The 1st defendant is said to be spending nights in the cold as the plaintiff has demolished her house. The Court is asked to keep its dignity and respect by refusing to allow willful and deliberate misinterpretation of its orders.
The supporting affidavit repeats some of what is already in the grounds advanced. It seems to be the position of the defendants that when the 1st defendant bought the land, the process of transferring it to her was never completed. She however settled on the land and put up a house. The plaintiff is said to have demolished that house purporting to be acting on court orders herein complained of. The 1st defendant depones she was never served with the said orders. The plaintiff is accused of material non-disclosure. It was also stated that exparte orders cannot be used to evict.
The plaintiff filed a replying affidavit on 1/10/2013 denying the 1st defendants allegations. She asserted that the 1st defendant was served, that she never instructed anybody to demolish the 1st defendant's house and she didn't do it herself as she was in Nairobi; that she made enquiries and got to know that the 1st defendant and her son Ray Obama demolished the house, and that that being the position the plaintiff will institute legal action against the 1st defendant for disparaging her good name.
The plaintiff also pointed out that her own parcel of land is KISUMU/KASULE/2510 while the defendants talks of EAST KOLWA/KASULE/1572 AOJ, which the plaintiff has no interest in and which is not the subject matter of the suit.
The defendant was faulted for not enjoining the alleged seller of the land to her. Without that, it is alleged that the claim cannot be conclusively determined. Further, the defendants are faulted for not filing defence or any counter claim making it impossible for the court to test the suitability of the applicable principles in granting an injunction.
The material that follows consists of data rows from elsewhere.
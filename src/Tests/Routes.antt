-- ===== src/Tests/Routes.antt =====
-- The theorems on the relayer's routes, with input checks as the package restless makes them.
use universal_login_sdk.Prelude.{
  ℕ, ◌≡◌, refl, Option, none, some, List, [], ◌∷◌, ◌++◌, Text, codes, Result, ok, err,
  to_lower_case,
}
use universal_login_sdk.Commons.Json.{number, string, object, Fields, get_field}
use universal_login_sdk.Relayer.Http.{Issue, Sanitizer, Schema, no_more, property}
use universal_login_sdk.Relayer.Database.{Database}
use universal_login_sdk.Relayer.Authorisation.Requests.{pending}
use universal_login_sdk.Relayer.Http.Routes.{Client, get_device_info, get_pending, execution}
use universal_login_sdk.Relayer.Http.Devices.{
  row_of, after_connect, after_deny, after_deny-after_connect,
}
use universal_login_sdk.Relayer.Http.Schemas.{post_execution}
use universal_login_sdk.Relayer.Http.Accepted.{Accepts, post_execution-message_json}
use universal_login_sdk.Sdk.Client.{message_json}
use universal_login_sdk.Tests.Samples.{ethers, ethers-ReadsDecimals, chain, message_a, empty}

-- Input checks as the package restless makes them.
abbrev as_string : Sanitizer Text
as_string (some (string t)) path = ok t
as_string value path = err (record { path = path; expected = codes "string" } ∷ [])

abbrev as_number : Sanitizer ℕ
as_number (some (number n)) path = ok n
as_number value path = err (record { path = path; expected = codes "number" } ∷ [])

abbrev as_optional : (A : Type 0) → Sanitizer A → Sanitizer (Option A)
as_optional A sanitizer none path = ok none
as_optional A sanitizer (some value) path = elim (sanitizer (some value) path) [
  | ok a ↦ ok (some a)
  | err issues ↦ err issues
]

unfoldable properties : (A : Type 0) → Schema A → Fields → Text → Result (List Issue) A
properties _ no_more body path = ok tt
properties _ (property name sanitizer rest) body path =
    elim (sanitizer (get_field name body) (path ++ b'.' ∷ name)) [
      | err issues ↦ err issues
      | ok a ↦ elim (properties _ rest body path) [ err issues ↦ err issues | ok b ↦ ok (a, b) ]
    ]

abbrev as_object : (A : Type 0) → Schema A → Sanitizer A
as_object A schema (some (object body)) path = properties A schema body path
as_object A schema value path = err (record { path = path; expected = codes "object" } ∷ [])

properties_accept :
    (A : Type 0) (schema : Schema A) (body : Fields) (path : Text) (a : A)
    → Accepts schema body a
    → properties A schema body path ≡ ok a
unfolding properties
properties_accept _ no_more body path a accepted = refl
properties_accept _ (property name sanitizer rest) body path (a, b) (first, others) =
    rw (first (path ++ b'.' ∷ name), properties_accept _ rest body path b others)

abbrev describe : List Issue → Text
describe issues = codes "issues"

post_execution-message_json_example :
    post_execution as_string as_number as_optional as_object describe ethers some chain
      (λ values. [])
      (message_json message_a)
    ≡ execution ethers chain message_a
post_execution-message_json_example =
    post_execution-message_json as_string as_number as_optional as_object describe ethers some
      (λ t path. refl) (λ n path. refl) properties_accept ethers-ReadsDecimals refl chain
      (λ values. []) message_a

abbrev client : Client
client = record { forwarded_for = none; ip = codes "::1"; useragent = none }

abbrev city : Text → Option Text
city address = none

-- The database after these posts.
abbrev after_post : Text → Text → Database → Database
after_post =
    after_connect as_string as_number as_optional as_object describe ethers some (λ t path. refl)
      properties_accept city (codes "noon") client

abbrev after_denial : Text → Text → Database → Database
after_denial =
    after_deny as_string as_number as_optional as_object describe ethers some (λ t path. refl)
      properties_accept city (codes "noon") client

after_deny-after_connect_example :
    ((get_pending (codes "0xa") (after_post (codes "0xA") (codes "0xB") empty)).0
      ≡ ok (record {
        status = 200;
        body =
            row_of
              (codes "0xA")
              (to_lower_case (codes "0xB"))
              (get_device_info city (codes "noon") client)
              empty
            ∷ [];
      }))
    × (pending
          (codes "0xc")
          (after_denial (codes "0xA") (codes "0xB") (after_post (codes "0xA") (codes "0xB") empty))
        ≡ pending (codes "0xc") empty)
unfolding to_lower_case
after_deny-after_connect_example =
    after_deny-after_connect as_string as_number as_optional as_object describe ethers some
      (λ t path. refl) properties_accept city (codes "noon") client (codes "0xA") (codes "0xB")
      (codes "0xa") (codes "0xc") empty refl refl
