-- ===== src/Tests/Running.antt =====
-- The queue with two messages, and the node that takes their transactions.
use universal_login_sdk.Prelude.{
  ◌<◌, ◌≤◌, ◌≡◌, refl, ◌⊎◌, none, some, [], ◌∷◌, Text, codes, ok, length, All, arith, true,
}
use universal_login_sdk.Commons.Message.{bignumberify-stringify}
use universal_login_sdk.Relayer.QueueStore.{
  is_waiting, first_waiting, add, get_next, update, get_row,
}
use universal_login_sdk.Relayer.QueueStore.Order.{waiting, IsOldest, first_waiting-IsOldest}
use universal_login_sdk.Relayer.QueueStore.Delivery.{get_next-add}
use universal_login_sdk.Relayer.Execution.{World, Transaction, execute_and_wait}
use universal_login_sdk.Relayer.Execution.Sending.{Execution, execute_and_wait-Execution}
use universal_login_sdk.Relayer.Execution.{TransactionResponse}
use universal_login_sdk.Relayer.Granting.{Network, Grants}
use universal_login_sdk.Relayer.Granting.Amounts.{
  IsCarried, IsMined, after_hooks, granted, IsSentFor, execute_and_wait-granted,
}
use universal_login_sdk.Relayer.Queue.{stopping, running, loop, turn}
use universal_login_sdk.Relayer.Queue.Turns.{turn-waiting, marked}
use universal_login_sdk.Relayer.Queue.Draining.{IsReadable, loop-drains}
use universal_login_sdk.Relayer.Calls.{DecodedMessage, is_add_key_call, is_add_keys_call}
use universal_login_sdk.Tests.Samples.{
  ethers, ethers-ReadsDecimals, message_a, empty, abi, node, white_list, young, old, busy,
}
use universal_login_sdk.Commons.Message.{message_hash_of, is_hashable}

abbrev payer : Text
payer = codes "relayer"

abbrev transaction : Transaction
transaction = record {
  gas_price = 1;
  gas_limit = 100;
  to = codes "wallet";
  value = 0;
  data_field = codes "0xaacaaf88";
}

execute_and_wait-Execution_example :
    Execution ethers abi node white_list payer message_a busy
      (execute_and_wait ethers abi node white_list payer message_a busy)
execute_and_wait-Execution_example =
    execute_and_wait-Execution ethers abi node white_list payer message_a busy

first : first_waiting busy.database.ties busy.database.final_messages ≡ some old
unfolding first_waiting
first = refl

first_waiting-IsOldest_example : (is_waiting old ≡ true) × IsOldest old (young ∷ old ∷ [])
first_waiting-IsOldest_example =
    first_waiting-IsOldest busy.database.ties busy.database.final_messages old first

get_next-add_example :
    (get_next ethers ((add ethers message_a empty).1)).0
    ≡ ok (
        some (record {
          message_hash = message_hash_of ethers message_a;
          transaction_hash = none;
          error = none;
          message = message_a;
        }))
unfolding get_row is_hashable
get_next-add_example = get_next-add ethers message_a empty ethers-ReadsDecimals refl refl refl

turn-waiting_example :
    let run = turn ethers abi node white_list payer running busy in
    let ends = execute_and_wait ethers abi node white_list payer message_a busy in
    (run.0 ≡ ok running)
    × (run.1.database.final_messages
        ≡ update (codes "0xa") (marked ends.0) busy.database.final_messages)
    × (waiting run.1.database.final_messages < 2)
    × (length run.1.sent ≤ 1)
turn-waiting_example =
    turn-waiting ethers abi node white_list payer running busy old message_a first
      (bignumberify-stringify ethers message_a ethers-ReadsDecimals)

readable : All (IsReadable ethers) busy.database.final_messages
readable = (
  (message_a, bignumberify-stringify ethers message_a ethers-ReadsDecimals),
  ((message_a, bignumberify-stringify ethers message_a ethers-ReadsDecimals), tt),
)

loop-drains_example :
    (w' : World) × (loop ethers abi node white_list payer 3 stopping busy ≡ some (ok tt, w'))
    × (waiting w'.database.final_messages ≡ 0)
    × (length w'.sent ≤ 2)
loop-drains_example = loop-drains ethers abi node white_list payer 2 busy (omega arith) readable

-- The receipt of every transaction is good.
abbrev network : Network
network = record {
  wait_to_be_mined = λ hash. ok (record { is_mined = true; contract_address = none });
  transfer = λ before transfer. ok (codes "0x7");
  send_transaction = λ before payment. ok tt;
}

abbrev no_grants : Grants
no_grants = record { tokens = []; ether = [] }

execute_and_wait-granted_example :
    let before = after_hooks network busy.hooks no_grants in
    let after =
      after_hooks network
        (execute_and_wait ethers abi node white_list payer message_a busy).1.hooks
        no_grants in
    (after ≡ before)
    ⊎ ((s : TransactionResponse) × (m : DecodedMessage) × IsSentFor ethers abi node white_list payer
          message_a busy s
        × IsCarried abi s m
        × IsMined network s
        × (((is_add_key_call abi m.data_field ≡ true) × (after ≡ granted s 5 before))
            ⊎ ((is_add_keys_call abi m.data_field ≡ true) × (after ≡ granted s 15 before))))
execute_and_wait-granted_example =
    execute_and_wait-granted network ethers abi node white_list payer message_a busy no_grants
The matter was heard interpartes on 3/10/2013 with each side reiterating more or less what is already in writing. In addition however, the following decided authorities were availed.
- REV MADARA EVANS OKANGA DONDO V HOUSING FINANCE COMPANY OF KENYA: HCC NO.262/05, NAKURU.
This case was availed by the defendant/applicant as an example to show how the Court should treat a party who is untruthful and is guilty of material non-disclosure.
- SULEIMAN VS AMBOSELI RESORT LIMITED (2004) 2KLR 589. This was availed by the plaintiff to show the applicable principles in granting restraining orders.
- GITHIEYA VS GITAU (2004) 2KLR 309. Also availed by plaintiff/Respondent to show the applicable principles in matters of interim injunctions.
- EAST AFRICAN DEVELOPMENT BANK VS HUNDAI MOTORS KENYA LIMITED: (2006) 2KLR. Again availed by the plaintiff/respondent to emphasize the principles to apply in granting restraining orders.
I have carefully considered the material that was laid before me by both sides. The application as brought amounts to a counter application. The plaintiff was the first to make an application for a restraining order. The only recourse open to the 1st defendant was to file a response. It is wrong for the 1st defendant to file a counter – application and to purport the urgency of her application to supersede the urgency of the plaintiff's application. There was a deliberate deviation from procedures by the 1st defendant and I find her application anomalous to the extent that it seeks to counter an application of a similar nature.
The right thing to do in a situation like this would have been to file a swift response, and urge for a quick interpartes hearing date. In practice, the only instance known where a hearing can take place before an interlocutory application is heard is where the opposing side is raising a preliminary objection. It is not known that a filed application is countered by another application and an attempt to do this, as is the case here, comes perilously close to abuse of court process.
The 1st defendant/applicant made various arguments to advance the position that the applicable principles for granting a restraining order have been met. Her sale agreement is said to back establishment of a primafacie case. The fact that she had her house demolished and that she allegedly sleeps in the streets is said to cause irreparable harm and also to tilt the balance of convenience in her favour.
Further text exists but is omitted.